Sus jefes en Occidente cancelaron el proyecto. Y no solo eso, sino que dejaron a los Hermanos Musulmanes en un rincón del escenario hasta la próxima función.

En resumen, detrás de su retirada hasta el punto de estrechar la mano y sentarse a la misma mesa con aquellos a quienes ayer decía de todo, tampoco hay una "mente racional".

Le gusta improvisar. Por ahora es así, pero qué pasará mañana, solo Dios lo sabe.

Pero el verdadero problema aquí para Turquía es que los demás no actúan basándose en sueños vacíos llenos de supersticiones, sino de acuerdo con sus propios intereses nacionales.

Por ejemplo, después de romper relaciones con Egipto, Turquía perdió terreno constantemente en Oriente Medio y el Mediterráneo Oriental desde el punto de vista político, estratégico y militar. Grecia no dejó pasar esta oportunidad y firmó un acuerdo de delimitación de zona económica exclusiva con Egipto hace cuatro años. Si Egipto hubiera hecho este acuerdo con Turquía, habría tenido derechos sobre un área mucho mayor en el Mediterráneo Oriental. La mano de Turquía se habría fortalecido tanto frente a Grecia como frente a los grecochipriotas.

Pero la perspectiva ideológica y el amor por Mursi se antepusieron a los intereses del país. Empujó a Egipto a los brazos de Grecia y de la Administración Grecochipriota del Sur de Chipre.

Hace años, le pregunté a un burócrata jubilado que conocía bien a los islamistas políticos: "¿La razón de su reacción tan fuerte contra Sisi es solo porque derrocó a los Hermanos Musulmanes del poder?".

Me respondió: "Se pone en el lugar de Mursi, se identifica con él". Evidentemente, el derrocamiento de Mursi mediante un golpe militar y su envío a la horca habían activado sus miedos subconscientes.

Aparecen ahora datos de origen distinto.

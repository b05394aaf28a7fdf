-- ===== src/Strategy/Engine/Timeouts.antt =====
-- What a scan for timeouts does to the plans in flight.
use mathlib.Core.List.{append_assoc, append-nil}
use arb_core.Common.{
  ℕ, ◌≡◌, refl, Bool, true, false, ◌||◌, Option, none, some, List, [], ◌∷◌, ◌++◌, map, String,
  arith, if◌then◌else◌, ltb, inl, inr, Bool-cases, str_eq, eq_iff, ap, ◌∙◌,
}
use arb_core.Common.Dict.{Dict, find, find-delete, IsMap}
use arb_core.Strategy.Engine.{StrategyEngine, InFlightPlan, CancelRequest, send_cancel}
use arb_core.Strategy.Engine.Monitor.{to_cancel, cancel_plan, cancel_plans, scan_timeouts, age}

abbrev pub among : String → List String → Bool
among id [] = false
among id (x ∷ xs) = str_eq id x || among id xs

-- the request to cancel all legs of a plan
abbrev pub request : String → CancelRequest
request id = record { plan_id = id; leg_idx = none }

module _ {D : Type 0} where
  -- whether there is a plan and its time is up
  abbrev pub is_due : ℕ → Option (InFlightPlan D) → Bool
  is_due now none = false
  is_due now (some p) = ltb p.timeout_ms (age now p)

  among-to_cancel :
      (m : Dict (InFlightPlan D)) (now : ℕ) (id : String)
      → IsMap m
      → among id (to_cancel m now) ≡ is_due now (find m id)
  unfolding to_cancel find
  among-to_cancel [] now id h = refl
  among-to_cancel ((key, p) ∷ rest) now id (fresh, h) =
      let ih = among-to_cancel rest now id h in
      let same = eq_iff id key in
      elim (Bool-cases (str_eq id key)) [
        | inl t ↦
            let gone : find rest id ≡ none = rw (same.0 t) fresh in
            let ih' : among id (to_cancel rest now) ≡ false = ih ∙ ap (is_due now) gone in
            ground (arith, ih', t)
        | inr f ↦ ground (arith, ih, f)
      ]

  module _ {F : Type 0} where
    find-cancel_plan :
        (e : StrategyEngine D F) (x id : String)
        → find (cancel_plan e x).inflight id ≡ (if str_eq id x then none else find e.inflight id)
    unfolding cancel_plan send_cancel
    find-cancel_plan e x id = ground (arith, find-delete e.inflight x id, eq_iff id x)

    pub find-cancel_plans :
        (e : StrategyEngine D F) (ids : List String) (id : String)
        → find (cancel_plans e ids).inflight id
          ≡ (if among id ids then none else find e.inflight id)
    unfolding cancel_plans
    find-cancel_plans e [] id = refl
    find-cancel_plans e (x ∷ xs) id =
        ground (arith, find-cancel_plans (cancel_plan e x) xs id, find-cancel_plan e x id)

    cancel_plan-sent :
        (e : StrategyEngine D F) (x : String)
        → e.cancel_open ≡ true
        → ((cancel_plan e x).cancel_sent ≡ e.cancel_sent ++ (request x ∷ []))
          × ((cancel_plan e x).cancel_open ≡ true)
    unfolding cancel_plan send_cancel
    cancel_plan-sent e x h = ground arith

    cancel_plans-sent :
        (e : StrategyEngine D F) (ids : List String)
        → e.cancel_open ≡ true
        → (cancel_plans e ids).cancel_sent ≡ e.cancel_sent ++ map request ids
    unfolding cancel_plans
    cancel_plans-sent e [] h = ground (arith, append-nil e.cancel_sent)
    cancel_plans-sent e (x ∷ xs) h =
        let (s, o) = cancel_plan-sent e x h in
        ground (
          arith,
          cancel_plans-sent (cancel_plan e x) xs o,
          s,
          append_assoc e.cancel_sent (request x ∷ []) (map request xs),
        )

    -- After a scan, the plans whose time is up at its clock reading are no longer in flight, all
    -- others are as they were, and, if the channel is open, one request to cancel all legs of each
    -- such plan has been sent, in the order of the map. The map has no key twice.
    pub scan_timeouts_lem :
        (e : StrategyEngine D F) (now : ℕ)
        → IsMap e.inflight
        → ((id : String)
            → find (scan_timeouts e now).inflight id
              ≡ (if is_due now (find e.inflight id) then none else find e.inflight id))
          × (e.cancel_open ≡ true
              → (scan_timeouts e now).cancel_sent
                ≡ e.cancel_sent ++ map request (to_cancel e.inflight now))
    unfolding scan_timeouts
    scan_timeouts_lem e now h = (
      (λ id. ground (
        arith,
        find-cancel_plans e (to_cancel e.inflight now) id,
        among-to_cancel e.inflight now id h,
      )),
      cancel_plans-sent e (to_cancel e.inflight now),
    )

En el trasfondo de su odio tan grande hacia Sisi, e incluso quizás de su alergia a los militares, estaba esto. Sin embargo, él mismo debería haber sido el primero en saber que los tiempos de los golpes de Estado en Turquía habían quedado muy atrás.

En resumen, veremos si esta visita marca un hito en las relaciones. Sisi dijo en el palacio: "Mi visita refleja la voluntad de iniciar una nueva cooperación entre los dos países". Las condiciones y los acontecimientos de la región obligan a Turquía y Egipto a acercarse, pero sobre una base "racional". La diplomacia no se lleva a cabo con religión, fe, sectarismo o el apoyo a los Hermanos Musulmanes.

Si puede volver a una base racional en política exterior, que ese sea el tema de otro artículo.

Para concluir, preguntémonos: "¿Se habrá revolcado Mursi en su tumba al ver a Tayyip y a Sisi de la mano desde el otro mundo?"; dejemos la respuesta a la perspicacia de nuestros lectores y pongamos punto final a nuestro artículo.